Memory issues with big dataset
When running a GMM experiment with a big dataset (Nist-SRE04to16) the pipeline fails with a memory error on a worker.
for example on the branch of !55 (merged):
bob bio pipeline simple -vvv -d nist-sre04to16 -p gmm-voxforge -o results\~/gmm_nist -l sge
I ran with the default Dask sge
client as well as the sge-io-big-non-adaptive
, asking for 128 nodes (but got only ~60 while running).
The issue seems to happen before reaching the k-means initialization, maybe hinting at an issue in the Dask bags to array wrapping.
I also tried running the experiment with a lower Dask memory limit for each node, forcing the workers to spill their memory to disk early, trying to prevent the memory error if it reached the hard cap. This failed too (the workers effectively spilled to disk but still failed with a memory error).
Local Output and Traceback (Click to expand)
[...]
bob.pipelines.wrappers@2022-05-16 13:04:59,280 -- DEBUG: ToDaskBag(npartitions=128).transform
bob.pipelines.wrappers@2022-05-16 13:04:59,926 -- DEBUG: Dask|Checkpoint|Sample|Energy_.transform
bob.pipelines.wrappers@2022-05-16 13:04:59,927 -- DEBUG: Dask|Checkpoint|Sample|Cepstra.transform
bob.pipelines.wrappers@2022-05-16 13:04:59,929 -- DEBUG: Dask|Checkpoint|Sample|GMM(con.fit
bob.pipelines.wrappers@2022-05-16 13:04:59,941 -- DEBUG: Preparing data as dask arrays for fit
Traceback (most recent call last):
File "/idiap/home/ydayer/miniconda3/envs/spear_bob10/bin/bob", line 10, in <module>
sys.exit(main_cli())
File "/idiap/home/ydayer/miniconda3/envs/spear_bob10/lib/python3.8/site-packages/click/core.py", line 1128, in __call__
return self.main(*args, **kwargs)
File "/idiap/home/ydayer/miniconda3/envs/spear_bob10/lib/python3.8/site-packages/click/core.py", line 1053, in main
rv = self.invoke(ctx)
File "/idiap/home/ydayer/miniconda3/envs/spear_bob10/lib/python3.8/site-packages/click/core.py", line 1659, in invoke
return _process_result(sub_ctx.command.invoke(sub_ctx))
File "/idiap/home/ydayer/miniconda3/envs/spear_bob10/lib/python3.8/site-packages/click/core.py", line 1659, in invoke
return _process_result(sub_ctx.command.invoke(sub_ctx))

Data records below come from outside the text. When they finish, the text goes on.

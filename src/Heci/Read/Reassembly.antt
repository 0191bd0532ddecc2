-- ===== src/Heci/Read/Reassembly.antt =====
-- How `read_msg` of src/heci/mod.rs puts a message together.

use amt_uefi_boot_app.Outcome.{ok, pure}
use amt_uefi_boot_app.Heci.Regs.{
  heci_polls, csr_get_wp, csr_get_rp, hdr_length, hdr_complete, hdr_me_addr, hdr_host_addr, h_csr,
  csr_ig, csr_is,
}
use amt_uefi_boot_app.Lme.Session.Recv.{IsBytes}
use amt_uefi_boot_app.Heci.Device.{reg_read, HeciContext, reg_write}
use amt_uefi_boot_app.Heci.Write.{dwords}
use amt_uefi_boot_app.Heci.Read.{
  read_msg, words_bytes, read_words, wait_data_loop, read_payload, acknowledge, read_loop,
}
use amt_uefi_boot_app.Prelude.{
  ℕ, List, ◌∷◌, length, ◌<◌, take, ◌≡◌, ◌^◌, ◌+◌, [], refl, ◌/◌, ◌≢◌, arith, ◌++◌, true, suc, zero,
  false, ap, ◌%◌, ap₂, ◌≤◌, blit, ltb, sym, ◌==◌, bit_or, Bool, if◌then◌else◌, ◌∙◌, length-append,
  length-blit, blit-blit,
}

abbrev AreIdle : List ℕ → Type 0
AreIdle [] = Unit
AreIdle (csr ∷ rest) = (csr < 2 ^ 32) × (csr_get_wp csr ≡ csr_get_rp csr) × AreIdle rest

-- What the hardware yields for a message of `n` fragments, before `rest`: for each one some polls of
-- an empty ring, fewer than the timeout has, a poll of a ring that is not empty, the header, the
-- payload in words and the host's register. `me` and `host` are those of the first header.
pub data Incoming : ℕ → ℕ → ℕ → List ℕ → List ℕ → List ℕ → Type 0 where
  last :
      (idle bytes rest : List ℕ) (csr hdr ack : ℕ)
      → AreIdle idle × (length idle < heci_polls)
      → (csr < 2 ^ 32) × (csr_get_wp csr ≢ csr_get_rp csr)
      → (hdr < 2 ^ 32) × (hdr_length hdr ≡ length bytes) × (hdr_complete hdr ≡ true)
      → IsBytes bytes
      → Incoming 1
          (hdr_me_addr hdr)
          (hdr_host_addr hdr)
          (idle ++ (csr ∷ (hdr ∷ (dwords bytes ++ (ack ∷ rest)))))
          bytes
          rest
  more :
      (n me host : ℕ) (idle bytes inputs others rest : List ℕ) (csr hdr ack : ℕ)
      → AreIdle idle × (length idle < heci_polls)
      → (csr < 2 ^ 32) × (csr_get_wp csr ≢ csr_get_rp csr)
      → (hdr < 2 ^ 32) × (hdr_length hdr ≡ length bytes) × (hdr_complete hdr ≡ false)
      → IsBytes bytes
      → Incoming n me host inputs others rest
      → Incoming
          (suc n)
          (hdr_me_addr hdr)
          (hdr_host_addr hdr)
          (idle ++ (csr ∷ (hdr ∷ (dwords bytes ++ (ack ∷ inputs)))))
          (bytes ++ others)
          rest

dwords-word_bytes :
    (bytes : List ℕ) → IsBytes bytes → take (length bytes) (words_bytes (dwords bytes)) ≡ bytes
unfolding words_bytes dwords
dwords-word_bytes [] h = refl
dwords-word_bytes (a ∷ []) h = ap (λ x. x ∷ []) (omega (arith, h 0))
dwords-word_bytes (a ∷ (b ∷ [])) h =
    ap₂ (λ x y. x ∷ (y ∷ [])) (omega (arith, h 0, h 1)) (omega (arith, h 0, h 1))
dwords-word_bytes (a ∷ (b ∷ (c ∷ []))) h =
    ap₂ (λ x ys. x ∷ ys) (omega (arith, h 0, h 1, h 2))
      (ap₂ (λ x y. x ∷ (y ∷ [])) (omega (arith, h 0, h 1, h 2)) (omega (arith, h 0, h 1, h 2)))
dwords-word_bytes (a ∷ (b ∷ (c ∷ (d ∷ rest)))) h =
    let tail = dwords-word_bytes rest (λ i. h (suc (suc (suc (suc i))))) in
    ap₂ (λ x ys. x ∷ ys) (omega (arith, h 0, h 1, h 2, h 3))
      (ap₂ (λ x ys. x ∷ ys) (omega (arith, h 0, h 1, h 2, h 3))
        (ap₂ (λ x ys. x ∷ ys) (omega (arith, h 0, h 1, h 2, h 3))
          (ap₂ (λ x ys. x ∷ ys) (omega (arith, h 0, h 1, h 2, h 3)) tail)))

length-dwords : (bytes : List ℕ) → length (dwords bytes) ≡ (length bytes + 3) / 4
unfolding dwords
length-dwords [] = omega arith
length-dwords (a ∷ []) = omega arith
length-dwords (a ∷ (b ∷ [])) = omega arith
length-dwords (a ∷ (b ∷ (c ∷ []))) = omega arith
length-dwords (a ∷ (b ∷ (c ∷ (d ∷ rest)))) = omega (arith, length-dwords rest)

abbrev AreWords : List ℕ → Type 0
AreWords [] = Unit
AreWords (word ∷ rest) = (word < 2 ^ 32) × AreWords rest

dwords-AreWords : (bytes : List ℕ) → IsBytes bytes → AreWords (dwords bytes)
unfolding dwords
dwords-AreWords [] h = tt
dwords-AreWords (a ∷ []) h = (omega (arith, h 0), tt)
dwords-AreWords (a ∷ (b ∷ [])) h = (omega (arith, h 0, h 1), tt)
dwords-AreWords (a ∷ (b ∷ (c ∷ []))) h = (omega (arith, h 0, h 1, h 2), tt)
dwords-AreWords (a ∷ (b ∷ (c ∷ (d ∷ rest)))) h =
    (omega (arith, h 0, h 1, h 2, h 3), dwords-AreWords rest (λ i. h (suc (suc (suc (suc i))))))

-- The hardware is about to yield these values.
abbrev pub yielding : HeciContext → List ℕ → HeciContext
yielding s values = record s { inputs = values }

read_words_lem :
    (words rest : List ℕ) (s : HeciContext)
    → AreWords words
    → read_words (length words) (yielding s (words ++ rest)) ≡ (ok words, yielding s rest)
unfolding read_words reg_read
read_words_lem [] rest s h = refl
read_words_lem (word ∷ words) rest s (h, hs) =
    let tail = read_words_lem words rest s hs in
    let same : word % 2 ^ 32 ≡ word = omega arith in rw (tail, same) refl

wait_data_lem :
    (polls csr : ℕ) (idle rest : List ℕ) (s : HeciContext)
    → AreIdle idle
    → length idle < polls
    → (csr < 2 ^ 32) × (csr_get_wp csr ≢ csr_get_rp csr)
    → wait_data_loop polls (yielding s (idle ++ (csr ∷ rest))) ≡ (ok true, yielding s rest)
unfolding wait_data_loop reg_read
wait_data_lem zero csr idle rest s i l c = absurd (omega arith)
wait_data_lem (suc polls) csr [] rest s i l (b, c) =
    let same : csr % 2 ^ 32 ≡ csr = omega arith in rw same (ground (arith, c))
wait_data_lem (suc polls) csr (x ∷ idle) rest s (b, e, i) l c =
    let same : x % 2 ^ 32 ≡ x = omega arith in
    let tail = wait_data_lem polls csr idle rest s i (omega arith) c in
    let idles : (csr_get_wp x == csr_get_rp x) ≡ true = ground (arith, e) in rw (same, idles) tail

read_payload_lem :
    (total : ℕ) (bytes rest buf : List ℕ) (ack : ℕ) (s : HeciContext)
    → IsBytes bytes
    → total + length bytes ≤ length buf
    → (t : HeciContext) × (read_payload total
          (length bytes)
          buf
          (yielding s (dwords bytes ++ (ack ∷ rest)))
        ≡ (ok (blit buf total bytes), yielding t rest))
unfolding read_payload acknowledge reg_read reg_write
read_payload_lem total bytes rest buf ack s h b =
    let fits : ltb (length buf) (total + length bytes) ≡ false = ground arith in
    let words = read_words_lem (dwords bytes) (ack ∷ rest) s (dwords-AreWords bytes h) in
    (
      record s {
        writes = s.writes ++ ((h_csr, bit_or (bit_or (ack % 2 ^ 32) csr_ig) csr_is) ∷ []);
      },
      rw (fits, sym (length-dwords bytes), words, dwords-word_bytes bytes h) refl,
    )

-- One fragment.
read_round_lem :
    (fuel total me host : ℕ) (first : Bool) (buf idle bytes rest : List ℕ) (csr hdr ack : ℕ)
    (s : HeciContext)
    → AreIdle idle × (length idle < heci_polls)
    → (csr < 2 ^ 32) × (csr_get_wp csr ≢ csr_get_rp csr)
    → (hdr < 2 ^ 32) × (hdr_length hdr ≡ length bytes)
    → IsBytes bytes
    → total + length bytes ≤ length buf
    → let out_me = if first then hdr_me_addr hdr else me in
      let out_host = if first then hdr_host_addr hdr else host in
      let filled = blit buf total bytes in
      (t : HeciContext) × (read_loop
          (suc fuel)
          total
          first
          me
          host
          buf
          (yielding s (idle ++ (csr ∷ (hdr ∷ (dwords bytes ++ (ack ∷ rest))))))
        ≡ (if hdr_complete hdr
              then pure (record {
                count = total + length bytes;
                from_me = out_me;
                to_host = out_host;
                bytes = filled;
              })
              else read_loop fuel (total + length bytes) false out_me out_host filled)
            (yielding t rest))
unfolding read_loop reg_read
read_round_lem fuel total me host first buf idle bytes rest csr hdr ack s (i, l) c (b, e) h fits =
    let same : hdr % 2 ^ 32 ≡ hdr = omega arith in
    let (t, payload) = read_payload_lem total bytes rest buf ack s h fits in
    let wait = wait_data_lem heci_polls csr idle (hdr ∷ (dwords bytes ++ (ack ∷ rest))) s i l c in
    (t, rw (wait, same, e, payload) refl)

read_loop_lem :
    (n m h total me host fuel : ℕ) (first : Bool) (buf inputs bytes rest : List ℕ) (s : HeciContext)
    → Incoming n m h inputs bytes rest
    → n ≤ fuel
    → total + length bytes ≤ length buf
    → (t : HeciContext) × (read_loop fuel total first me host buf (yielding s inputs) ≡ (
      ok (record {
        count = total + length bytes;
        from_me = (if first then m else me);
        to_host = (if first then h else host);
        bytes = blit buf total bytes;
      }),
      yielding t rest,
    ))
read_loop_lem n m h total me host zero first buf inputs bytes rest s
      (last idle b r csr hdr ack i c d k) l fits =
    absurd (omega arith)
read_loop_lem n m h total me host zero first buf inputs bytes rest s
      (more n' m' h' idle b ins o r csr hdr ack i c d k inc) l fits =
    absurd (omega arith)
read_loop_lem n m h total me host (suc fuel) first buf inputs bytes rest s
      (last idle b r csr hdr ack i c (d, e, f) k) l fits =
    let (t, run) =
      read_round_lem fuel total me host first buf idle b r csr hdr ack s i c (d, e) k fits in
    (t, run ∙ rw f refl)
read_loop_lem n m h total me host (suc fuel) first buf inputs bytes rest s
      (more n' m' h' idle b ins o r csr hdr ack i c (d, e, f) k inc) l fits =
    let size = length-append b o in
    let out_me = if first then hdr_me_addr hdr else me in
    let out_host = if first then hdr_host_addr hdr else host in
    let (t, run) =
      read_round_lem fuel total me host first buf idle b ins csr hdr ack s i c (d, e) k
        (omega (arith, size)) in
    let room = length-blit buf total b (omega (arith, size)) in
    let (u, tail) =
      read_loop_lem n' m' h' (total + length b) out_me out_host fuel false (blit buf total b) ins o
        r t inc (omega arith) (omega (arith, size, room)) in
    let joined = blit-blit buf total b o (omega (arith, size)) in
    let sum : total + length b + length o ≡ total + length (b ++ o) = omega (arith, size) in
    (u, run ∙ rw f (tail ∙ rw (joined, sum) refl))

-- If the hardware delivers a message in fragments, each after fewer than 5000 polls of an empty ring,
-- and the message fits into the buffer, then `read_msg` returns its length and the addresses of its
-- first header, with the payloads one after the other at the start of the buffer and the rest of the
-- buffer as it was, and leaves the values behind the message unread. As many rounds as there are
-- fragments are enough.
pub read_msg_lem :
    (n me host fuel : ℕ) (buf bytes rest : List ℕ) (s : HeciContext)
    → Incoming n me host s.inputs bytes rest
    → n ≤ fuel
    → length bytes ≤ length buf
    → ((read_msg fuel buf s).0
        ≡ ok (record {
          count = length bytes;
          from_me = me;
          to_host = host;
          bytes = blit buf 0 bytes;
        }))
      × ((read_msg fuel buf s).1.inputs ≡ rest)
unfolding read_msg
read_msg_lem n me host fuel buf bytes rest s inc l fits =
    let sum : 0 + length bytes ≡ length bytes = omega arith in
    let (t, run) =
      read_loop_lem n me host 0 0 0 fuel true buf s.inputs bytes rest s inc l (omega arith) in
    (ap (λ r. r.0) run ∙ rw sum refl, ap (λ r. r.1.inputs) run)
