-- ===== src/Heci/Write/Fragments.antt =====
-- What `write_msg` of src/heci/mod.rs puts into the ring.
use amt_uefi_boot_app.Heci.Device.{HeciContext, ring_words}
use amt_uefi_boot_app.Heci.Write.{dwords}
use amt_uefi_boot_app.Heci.Regs.{msg_hdr}
use amt_uefi_boot_app.Prelude.{
  ℕ, ◌≤◌, ◌<◌, Bool, false, ◌&&◌, List, [], ◌∷◌, ◌++◌, ◌≡◌, length, leb, ◌⊎◌, drop,
}
use amt_uefi_boot_app.Outcome.{Outcome, ok, err, panics, waits, timeout}

-- The words of a message, in fragments of 1 to 1012 bytes: a header with the fragment's length and,
-- on the last fragment, the caller's flag, and the payload in words.
pub data Fragments (me host : ℕ) (complete : Bool) : List ℕ → List ℕ → Type 0 where
  finished : Fragments me host complete [] []
  fragment :
      (bytes rest words : List ℕ)
      → 0 < length bytes
      → length bytes ≤ 1012
      → Fragments me host complete words rest
      → Fragments me host complete
          (msg_hdr me host (length bytes) (leb (length rest) 0 && complete)
            ∷ (dwords bytes ++ words))
          (bytes ++ rest)

-- A message of which the end has not been sent: what was sent never has the flag.
abbrev pub IsCut : ℕ → ℕ → List ℕ → List ℕ → Type 0
IsCut me host bytes words =
    (sent : List ℕ) × (unsent : List ℕ) × (0 < length unsent)
    × (bytes ≡ sent ++ unsent)
    × Fragments me host false words sent

-- The words that a call has put into the ring, by its outcome.
abbrev pub IsWritten : ℕ → ℕ → Bool → List ℕ → List ℕ → Outcome (Unit {0}) → Type 0
IsWritten me host complete bytes words (ok a) = Fragments me host complete words bytes
IsWritten me host complete bytes words (err e) = (e ≡ timeout) × IsCut me host bytes words
IsWritten me host complete bytes words panics = IsCut me host bytes words
IsWritten me host complete bytes words waits = ⊥

-- `wait_slots` writes nothing, and finds no room or room for `needed` words.
abbrev IsRoom : ℕ → Outcome ℕ → Type 0
IsRoom needed (ok n) = (n ≡ 0) ⊎ ((needed ≤ n) × (n ≤ 254))
IsRoom needed (err e) = ⊥
IsRoom needed panics = Unit
IsRoom needed waits = ⊥

module _ (me host : ℕ) (data_bytes : List ℕ) (complete : Bool) where
  -- What a call has done that began with `sent` bytes sent already.
  abbrev IsSent : ℕ → HeciContext → Outcome (Unit {0}) × HeciContext → Type 0
  IsSent sent s (o, t) =
      (words : List ℕ) × (ring_words t.writes ≡ ring_words s.writes ++ words)
      × IsWritten me host complete (drop sent data_bytes) words o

File "/idiap/home/ydayer/miniconda3/envs/spear_bob10/lib/python3.8/site-packages/click/core.py", line 1659, in invoke
return _process_result(sub_ctx.command.invoke(sub_ctx))
File "/idiap/home/ydayer/miniconda3/envs/spear_bob10/lib/python3.8/site-packages/click/core.py", line 1395, in invoke
return ctx.invoke(self.callback, **ctx.params)
File "/idiap/home/ydayer/miniconda3/envs/spear_bob10/lib/python3.8/site-packages/click/core.py", line 754, in invoke
return __callback(*args, **kwargs)
File "/remote/idiap.svm/temp.devel01/ydayer/spear_develop/bob.bio.base/bob/bio/base/script/pipeline_simple.py", line 276, in pipeline_simple
execute_pipeline_simple(
File "/remote/idiap.svm/temp.devel01/ydayer/spear_develop/bob.bio.base/bob/bio/base/pipelines/entry_points.py", line 225, in execute_pipeline_simple
result = pipeline(
File "/remote/idiap.svm/temp.devel01/ydayer/spear_develop/bob.bio.base/bob/bio/base/pipelines/pipelines.py", line 109, in __call__
self.transformer = self.train_background_model(background_model_samples)
File "/remote/idiap.svm/temp.devel01/ydayer/spear_develop/bob.bio.base/bob/bio/base/pipelines/pipelines.py", line 144, in train_background_model
return self.transformer.fit(background_model_samples)
File "/idiap/home/ydayer/miniconda3/envs/spear_bob10/lib/python3.8/site-packages/sklearn/pipeline.py", line 394, in fit
self._final_estimator.fit(Xt, y, **fit_params_last_step)
File "/remote/idiap.svm/temp.devel01/ydayer/spear_develop/bob.pipelines/bob/pipelines/wrappers.py", line 881, in fit
return self._fit_on_dask_array(X, y, **fit_params)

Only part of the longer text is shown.